Tapi karena wajah itulah yang membuat hatinya menjadi luluh, ia pun melunak.
"Apa kau akan menangis seperti ini jika aku yang mati, bukan titan itu?" tanya Levi. Ia menatap mata kecoklatan milik si wanita pecinta raksasa pemakan manusia. Dan Hanji pun berhenti sesenggukkan untuk sementara. Matanya yang merah sedikit membulat. Ia menatap Levi heran karena pertanyaan Levi barusan.
Levi memutar bola matanya. melihat Hanji dengan mata dan hidung merah ditambah muka yang menyedihkan itu membuat hatinya sedikit aneh. Mungkin ia tak terbiasa melihat Hanji yang biasanya berisik namun ceria itu tiba-tiba menjadi sangat depresi.
Hanji berhenti menangis, kemudian ia mengusap kedua pipinya yang basah dengan seragam tentaranya. Membuat Levi menjadi memicingkan mata, seakan berkata "Dasar mata empat jorok," kepadanya.
Tapi melihat ekspresi itu Hanji bukannya takut, tapi ia malah tertawa. suara tawanya memang tak sekeras biasanya. Suara itu kecil dan terdengar agak serak karena Hanji habis menangis. semakin lama tawa itu semakin terdengar dari hati. membuat Levi semakin bingung dan menyadari bahwa wanita ini benar-benar sinting. Buat apa dia repot-repot mengorbankan waktunya untuk peduli pada wanita ini.
"Hei, berhenti, bodoh. Kau membuatku takut," ucap Levi dengan ekspresi-bosan-abadi-nya.

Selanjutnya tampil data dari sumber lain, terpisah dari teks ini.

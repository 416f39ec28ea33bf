-- ===== src/Lib.antt =====
-- A model of the C extension of curb, the Ruby binding of libcurl, and what it guarantees.
--
-- A Curl::Easy (ext/curb_easy.c) is one transfer with its settings, a Curl::Multi (ext/curb_multi.c) runs
-- several. Before a transfer the easy writes its settings to libcurl's handle; during it libcurl calls back
-- for the body, the headers, the upload, the progress and, under the network policy, for each socket and
-- each request; after it the multi takes the easy off, runs its status procs and defers exceptions.
--
-- Base holds the shared helpers: Boolean tests and lists over the native numbers, byte strings, integers.
-- Ruby is what the C code uses of Ruby: exceptions, results and values.
-- Network is the network policy of ext/curb_easy.c. Network.Prefix is curb_ip_prefix_matches, Network.Ipv4
-- and Network.Ipv6 the tests for unsafe addresses, Network.Cidr curb_parse_cidr_rule with strtol,
-- Network.Host curb_normalize_host_value, Network.Rules the two allowlists with their setters, and
-- Network.Gate the callbacks curb_public_network_opensocket and curb_host_allowlist_prereq:
-- Network.Gate.Permitted and Network.Gate.Verdict are on the first, Network.Gate.Refused and
-- Network.Gate.Passing on the second.
-- Easy is the struct ruby_curl_easy of ext/curb_easy.h with ruby_curl_easy_zero. Easy.Callbacks is how
-- Ruby code runs inside a callback, Easy.Body the write callbacks and max_body_bytes, Easy.Stream the
-- read and seek callbacks with Curl::Upload (ext/curb_upload.c), Easy.Lifecycle cleanup, clone and
-- reset, Easy.Attributes the numeric attributes with the macros of ext/curb_macros.h, and
-- http_auth_types in Easy.Attributes.Auth, Easy.Symbols resolve_mode and network_policy, and
-- Easy.Accessors the flags, handlers, texts and lists that are kept as they are given.
-- Setup is ruby_curl_easy_setup_body in three stages: the options that the policy, authentication, the
-- proxy and the data callbacks decide are in Setup itself, the plain options in Setup.General, with what
-- a sequence of setups leaves in Setup.History, and the lists of headers and the like, with the
-- functions that clear them, in Setup.Lists; Setup.Whole is ruby_curl_easy_setup, the three together.
-- Setopt is ruby_curl_easy_set_opt: the options and the state, Setopt.Values the conversions, Setopt.Apply
-- the switch, and Setopt.Policy and Setopt.Guarded what it cannot change.
-- PostField is ext/curb_postfield.c: the fields of a form with their constructors and append_to_form,
-- described anew in PostField.Part, and PostField.Text is to_str.
-- Request is what http, http_post, http_patch and http_put of ext/curb_easy.c do to the options of the
-- handle around the transfer: Request itself has the verb and post_body=, Request.PutData put_data=, with
-- what it leaves when it raises in Request.PutData.Raised, Request.Perform the three methods, and
-- Request.Restored what they leave.
-- Multi is ruby_curl_multi of ext/curb_multi.h. Multi.Attach is add, remove, detach and close, with
-- easy.multi= and the free of an easy from ext/curb_easy.c, Multi.EasyClose easy.close, Multi.EasyNew
-- Curl::Easy.new, Multi.Complete a finished transfer and its procs, Multi.Deferred the exception that
-- waits, Multi.Perform the guard around every perform, Multi.Loop the loop ruby_curl_multi_perform_impl
-- with the reading of messages, and Multi.Sockets the callbacks and masks of the socket-action loop;
-- its children are the loop, from the inside out: Wait the times and sets, Drive what is called, Pass
-- and Turn one pass of rb_curl_multi_socket_drive, Perform the loop and
-- ruby_curl_multi_socket_perform_impl. Multi.Dispatch chooses the loop, and Multi.Run and the modules
-- called Ends say how loops end. Multi.Linked has, operation by operation, that tables and easies point
-- to each other, and Multi.Reach the step relation of all operations; the modules called Keeps have
-- what each loop keeps if its calls keep it, which Multi.Linked.Perform uses for a whole perform. An
-- operation of Multi and the loop work on the same world.
-- Errors is the table of exception classes of ext/curb_errors.c.
-- Examples runs the theorems on concrete states.
--
-- Strings are lists of bytes, numbers the native ones; where a C integer could wrap (the size of a long
-- that a proc gives, an upload offset, the byte of a prefix length) the wrap is written out, and
-- elsewhere the values that libcurl passes are taken to fit. Objects are numbers; the map of options is
-- a record, and the easies and multis of Multi are two functions from numbers, so that a call can
-- change any of them. Ruby code that a callback runs is an argument that may change the easy or the
-- whole world and may raise; what a stream's methods do to the upload object itself is not followed.
-- Exceptions that rb_rescue does not catch are left out. A function that raises gives the state at that
-- moment beside the exception. inet_pton, inet_ntop, socket, the sizes of structures and libcurl are
-- arguments. Of libcurl's part in Multi, a state with its calls, two things are assumed where a theorem
-- says so: that a handle is let go only by the multi that has it, and that the transfers of a perform
-- need finitely many calls and waits; and of Ruby code and the scheduler, that they attach and detach
-- by the operations of Multi; of the autoclose that lib/curl/multi.rb defines, that it leaves nothing
-- running if it does not raise. Methods of the data of a PUT may raise, but what they change of the easy
-- is not followed. The loops of perform take fuel, one number for all of them; two more than
-- the calls and waits still to come is shown to be enough. The socket-action loop is taken as built
-- with the io_select hook and rb_wait_for_single_fd; what other fibers do meanwhile is part of each
-- wait. All other loops follow their lists and need none.
--
-- Not modelled: the timeout in fractions of a second, autoreferer=, the getinfo methods, the debug
-- callback, changes that appending makes to a field used twice in one form, garbage collection, failed
-- allocations other than of list items, the constants of ext/curb.c and the Ruby files of lib.
pub mod Base
pub mod Ruby
pub mod Network
pub mod Easy
pub mod Setup
pub mod Setopt
pub mod PostField
pub mod Request
pub mod Multi
pub mod Errors
pub mod Examples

Hanji memegangi perutnya yang sakit akibat tertawa (dan menangis sebelumnya). "Benarkah? Apa kau takut padaku? Prajurit terkuat umat manusia yang paling kuat ini takut padaku?" goda Hanji sambil memukul lengan kiri sang kapten main-main.
"Cih."
Sekali lagi Hanji mengusap mukanya dengan seragamnya sendiri. Tidak peduli bahwa Levi akan benar-benar mencekiknya nanti. Ya, Hanji sudah berhenti menangis, hatinya sudah 'move on' dari kematian Sawney dan Bean seketika saat Levi mengajukan pertanyaan yang bahkan Levi sendiri sepertinya tidak begitu sadar akan apa yang diucapkannya. Jika megingat pertanyaan itu membuat Hanji sadar bahwa ada yang lebih penting dari raksasa kesayangannya, membuat wanita itu mau tidak mau menyunggingkan senyum penuh arti, bahkan senyumnya berubah menjadi cengiran yang membuat Levi semakin yakin bahwa wanita ini benar-benar tidak waras.

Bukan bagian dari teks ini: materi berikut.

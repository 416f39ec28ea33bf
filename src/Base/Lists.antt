-- ===== src/Base/Lists.antt =====
-- Lists measured and indexed by native numbers, under the library's names.
use Prim.Native.Nat.{ℕ, zero, suc, ◌+◌}
use mathlib.Core.Path.{◌≡◌}
use mathlib.Core.Logic.{◌⊎◌}
use mathlib.Core.List.{List, [], ◌∷◌, ◌++◌}
use mathlib.Core.Bool.{Bool, true, false}
use curb.Base.Tests.{if◌then◌else◌}
use mathlib.Core.Option.{Option, none, some}
use native.Mathlib.Omega.{arith}

module _ {ℓ} {A : Type ℓ} where
  abbrev pub length : List A → ℕ
  length [] = 0
  length (x ∷ xs) = suc (length xs)

  abbrev pub get_or : List A → ℕ → A → A
  get_or [] i d = d
  get_or (x ∷ xs) zero d = x
  get_or (x ∷ xs) (suc i) d = get_or xs i d

  abbrev pub take : ℕ → List A → List A
  take zero xs = []
  take (suc n) [] = []
  take (suc n) (x ∷ xs) = x ∷ take n xs

  abbrev pub drop : ℕ → List A → List A
  drop zero xs = xs
  drop (suc n) [] = []
  drop (suc n) (x ∷ xs) = drop n xs

  abbrev pub replicate : ℕ → A → List A
  replicate zero a = []
  replicate (suc n) a = a ∷ replicate n a

  abbrev pub any : (A → Bool) → List A → Bool
  any p [] = false
  any p (x ∷ xs) = if p x then true else any p xs

  pub length-append : (xs ys : List A) → length (xs ++ ys) ≡ length xs + length ys
  length-append [] ys = omega arith
  length-append (x ∷ xs) ys = omega (arith, length-append xs ys)

  abbrev pub is_some : Option A → Bool
  is_some none = false
  is_some (some _) = true

  abbrev pub is_none : Option A → Bool
  is_none none = true
  is_none (some _) = false

-- A predicate on every item, which the tactics take apart.
abbrev pub All {κ ℓ} : {Item : Type ℓ} → (Item → Type κ) → (items : List Item) → Type κ
All Fits [] = Unit
All Fits (item ∷ items) = Fits item × All Fits items

module _ {ℓ κ} {A : Type ℓ} (P : A → Type κ) where
  pub All-imp {κ'} :
      (Q : A → Type κ') (items : List A)
      → ((item : A) → P item → Q item)
      → All P items
      → All Q items
  All-imp Q [] weaker all = tt
  All-imp Q (item ∷ items) weaker all = (weaker item all.0, All-imp Q items weaker all.1)

  pub All-append : (items more : List A) → All P items → All P more → All P (items ++ more)
  All-append [] more all rest = rest
  All-append (item ∷ items) more all rest = (all.0, All-append items more all.1 rest)

-- A predicate on some item, with the place kept.
abbrev pub Exists {ℓ} : {A : Type ℓ} → (A → Type 0) → List A → Type 0
Exists P [] = ⊥
Exists P (x ∷ xs) = P x ⊎ Exists P xs

module _ {ℓ} {A : Type ℓ} (p : A → Bool) where
  pub any-true : (xs : List A) → any p xs ≡ true → Exists (λ x. p x ≡ true) xs
  any-true [] h = absurd (ground arith)
  any-true (x ∷ xs) h = ground (arith, any-true xs)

"Ne, Levi... Kalau kau yang mati mungkin aku tidak akan menangis, tapi aku akan langsung menyusulmu setelah mengumpat pada siapapun yang membuatmu mati. Kau-ah sudahlah..." Hanji memilih kalimat berikutnya untuk ia simpan sendiri.

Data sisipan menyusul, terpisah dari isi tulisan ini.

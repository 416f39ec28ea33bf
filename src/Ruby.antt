-- ===== src/Ruby.antt =====
-- What the C code uses of Ruby: raising an exception, and strings as bytes (ext/curb_easy.c,
-- ext/curb_multi.c). A raise is a value of `Result`; what had changed before it is in the state
-- that the function returns beside it.
use curb.Base.Int.{ℤ}
use curb.Base.{Bytes, ℕ, ◌≡◌, refl, ◌⊎◌, inl, inr}

pub data Exn : Type 0 where
  -- rb_eArgError, rb_eRuntimeError, rb_eTypeError, rb_eRangeError
  arg_error runtime_error type_error range_error : Exn
  -- eCurlErrError, eCurlErrUnsafeDestination, eCurlErrFileSizeExceeded
  curl_error unsafe_destination file_size_exceeded : Exn
  -- eCurlErrAbortedByCallback, with the exception whose message it takes
  aborted_by_callback : Exn → Exn
  -- the exception of a CURLMcode
  multi_error : ℤ → Exn
  -- mCurlErrFailedInit
  multi_init_error : Exn
  -- eCurlErrFailedInit
  easy_init_error : Exn
  -- rb_eNoMemError
  no_memory : Exn
  -- eCurlErrInvalidPostField
  invalid_post_field : Exn
  -- an exception object that a Ruby callback raised
  raised_by_user : ℕ → Exn

-- What a Ruby call gives: nil, false, a string, an integer, or another object.
pub data Value : Type 0 where
  nil qfalse : Value
  str : Bytes → Value
  int : ℤ → Value
  object : ℕ → Value

pub data Result {ℓ} (A : Type ℓ) : Type ℓ where
  ok : A → Result A
  raise : Exn → Result A

infixl 5 ◌>>=◌
abbrev pub ◌>>=◌ {ℓ κ} : {A : Type ℓ} {B : Type κ} → Result A → (A → Result B) → Result B
ok a >>= f = f a
raise e >>= f = raise e

pub Result-cases {ℓ} :
    {A : Type ℓ} (r : Result A) → ((a : A) × (r ≡ ok a)) ⊎ ((e : Exn) × (r ≡ raise e))
Result-cases (ok a) = inl (a, refl)
Result-cases (raise e) = inr (e, refl)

"Jadi tetaplah hidup, jika kau ingin aku terus hidup, Levi."
Beruntung karena ketidakwarasan Hanji membuat sisi manusia Levi muncul. Dan membuat Levi sadar bahwa ia juga merupakan seorang yang tak waras karena peduli dengan Hanji. Atau lebih dari sekedar peduli. Mungkin cinta?
A/N
Maaf atas akhir yang kurang -eh, amat sangat ga jelas (dan garinkriukriuk, uhuk).